▸ **Data to examine**
-- ===== src/Spill/Reduce/Rows.antt =====
-- The rows of a range of points: each point's reservoir fed with that point's records of one list.
use mathlib.Core.Path.{fun_ext}
use forge_ann.Prelude.{
  ℕ, zero, suc, ◌+◌, ◌%◌, ◌^◌, ◌≤◌, ◌<◌, ◌≡◌, ◌≢◌, refl, ap, ◌==◌, if◌then◌else◌, Bool-cases, inl,
  inr, Option, none, some, ◌>>=◌, List, [], ◌∷◌, ◌++◌, All, arith,
}
use forge_ann.Prelude.Results
use forge_ann.Prelude.Results.{Result, ok, err}
use forge_ann.Reservoir.{Reservoir, new, drain_neighbors}
use forge_ann.Reservoir.Invariant.{new-empty}
use forge_ann.Reservoir.Batch.{Candidate, insert_all}
use forge_ann.Spill.{SpillRecord, SpillError}
use forge_ann.Spill.Reduce.{emit_empty_points}

abbrev pub candidate_of : SpillRecord → Candidate
candidate_of r = record { target = r.dst; hash = r.hash; dist = r.dist }

-- The candidates of one source, in their order.
unfoldable pub candidates_of : ℕ → List SpillRecord → List Candidate
candidates_of p [] = []
candidates_of p (r ∷ rs) =
    let rest = candidates_of p rs in if r.src == p then candidate_of r ∷ rest else rest

unfoldable pub reservoir_of : ℕ → List Candidate → Option Reservoir
reservoir_of l cs = new l >>= λ r. insert_all r cs

unfoldable pub row_of : ℕ → List Candidate → List ℕ
unfolding reservoir_of
row_of l cs = elim (reservoir_of l cs) [ none ↦ [] | some r ↦ (drain_neighbors r).0 ]

-- The rows of `count` points.
unfoldable pub rows : ℕ → List SpillRecord → ℕ → ℕ → List (ℕ × List ℕ)
unfolding row_of candidates_of
rows l records p zero = []
rows l records p (suc count) =
    (p % 2 ^ 32, row_of l (candidates_of p records)) ∷ rows l records (suc p) count

-- Candidates.
pub candidates_of-append :
    (p : ℕ) (xs ys : List SpillRecord)
    → candidates_of p (xs ++ ys) ≡ candidates_of p xs ++ candidates_of p ys
unfolding candidates_of
candidates_of-append p [] ys = refl
candidates_of-append p (r ∷ xs) ys = elim (Bool-cases (r.src == p)) [
  | inl same ↦ rw same (ap (λ l. candidate_of r ∷ l) (candidates_of-append p xs ys))
  | inr other ↦ rw other (candidates_of-append p xs ys)
]

pub candidates_of-none :
    (p : ℕ) (xs : List SpillRecord) → All (λ r. r.src ≢ p) xs → candidates_of p xs ≡ []
unfolding candidates_of
candidates_of-none p [] a = refl
candidates_of-none p (r ∷ xs) (n, a) = elim (Bool-cases (r.src == p)) [
  | inl same ↦ absurd (n (ground arith))
  | inr other ↦ rw other (candidates_of-none p xs a)
]

-- Rows depend on the candidates only.
pub rows-cong :
    (l : ℕ) (xs ys : List SpillRecord) (p count : ℕ)
    → ((q : ℕ) → p ≤ q → q < p + count → candidates_of q xs ≡ candidates_of q ys)
    → rows l xs p count ≡ rows l ys p count
unfolding rows
rows-cong l xs ys p zero h = refl
rows-cong l xs ys p (suc count) h =
    let rest = rows-cong l xs ys (suc p) count (λ q a b. h q (omega arith) (omega arith)) in
    rw (h p (omega arith) (omega arith), rest) refl

pub rows-add :
    (l : ℕ) (xs : List SpillRecord) (p m n : ℕ)
    → rows l xs p (m + n) ≡ rows l xs p m ++ rows l xs (p + m) n
unfolding rows
rows-add l xs p zero n =
    let e : p + 0 ≡ p = omega arith in let f : 0 + n ≡ n = omega arith in rw (e, f) refl
rows-add l xs p (suc m) n =
    let e : suc m + n ≡ suc (m + n) = omega arith in
    let f : p + suc m ≡ suc p + m = omega arith in
    rw (e, f)
      (ap (λ t. (p % 2 ^ 32, row_of l (candidates_of p xs)) ∷ t) (rows-add l xs (suc p) m n))

pub row_of-empty : (l : ℕ) {r : Reservoir} → new l ≡ some r → row_of l [] ≡ []
unfolding row_of reservoir_of insert_all drain_neighbors
row_of-empty l {r} e = rw (row_of, reservoir_of, e, (new-empty l e).1) refl

-- The callback along the rows.
module _ {S : Type 0} (on_point_done : ℕ → List ℕ → S → Result SpillError S) where
  unfoldable pub emit_rows : List (ℕ × List ℕ) → S → Result SpillError S
  emit_rows [] s = ok s
  emit_rows (row ∷ more) s = Results.◌>>=◌ (on_point_done row.0 row.1 s) (λ s'. emit_rows more s')

  pub emit_rows-append :
      (xs ys : List (ℕ × List ℕ)) (s : S)
      → emit_rows (xs ++ ys) s ≡ Results.◌>>=◌ (emit_rows xs s) (λ s'. emit_rows ys s')
  unfolding emit_rows
  emit_rows-append [] ys s = refl
  emit_rows-append (row ∷ xs) ys s = elim (Results.Result-cases (on_point_done row.0 row.1 s)) [
    | inl (s', e) ↦ rw e (emit_rows-append xs ys s')
    | inr (x, e) ↦ rw e refl
  ]

  -- Points without candidates have empty rows.
  pub emit_empty_points_lem :
      (l : ℕ) {r : Reservoir} (xs : List SpillRecord) (p count : ℕ) (s : S)
      → new l ≡ some r
      → ((q : ℕ) → p ≤ q → q < p + count → candidates_of q xs ≡ [])
      → emit_empty_points on_point_done p count s ≡ emit_rows (rows l xs p count) s
  unfolding emit_empty_points emit_rows rows
  emit_empty_points_lem l xs p zero s e h = refl
  emit_empty_points_lem l xs p (suc count) s e h =
      let none_here = h p (omega arith) (omega arith) in
      let rest : (t : S)
          → emit_empty_points on_point_done (suc p) count t
            ≡ emit_rows (rows l xs (suc p) count) t =
        λ t.
          emit_empty_points_lem l xs (suc p) count t e (λ q a b. h q (omega arith) (omega arith)) in
      rw (none_here, row_of-empty l e)
        (ap (λ f. Results.◌>>=◌ (on_point_done (p % 2 ^ 32) [] s) f) (fun_ext rest))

▸ **Task goal**
Each line in the records above with "zero" must be returned.

▸ **Exercise output**
  ℕ, zero, suc, ◌+◌, ◌%◌, ◌^◌, ◌≤◌, ◌<◌, ◌≡◌, ◌≢◌, refl, ap, ◌==◌, if◌then◌else◌, Bool-cases, inl,
rows l records p zero = []
rows-cong l xs ys p zero h = refl
rows-add l xs p zero n =
  emit_empty_points_lem l xs p zero s e h = refl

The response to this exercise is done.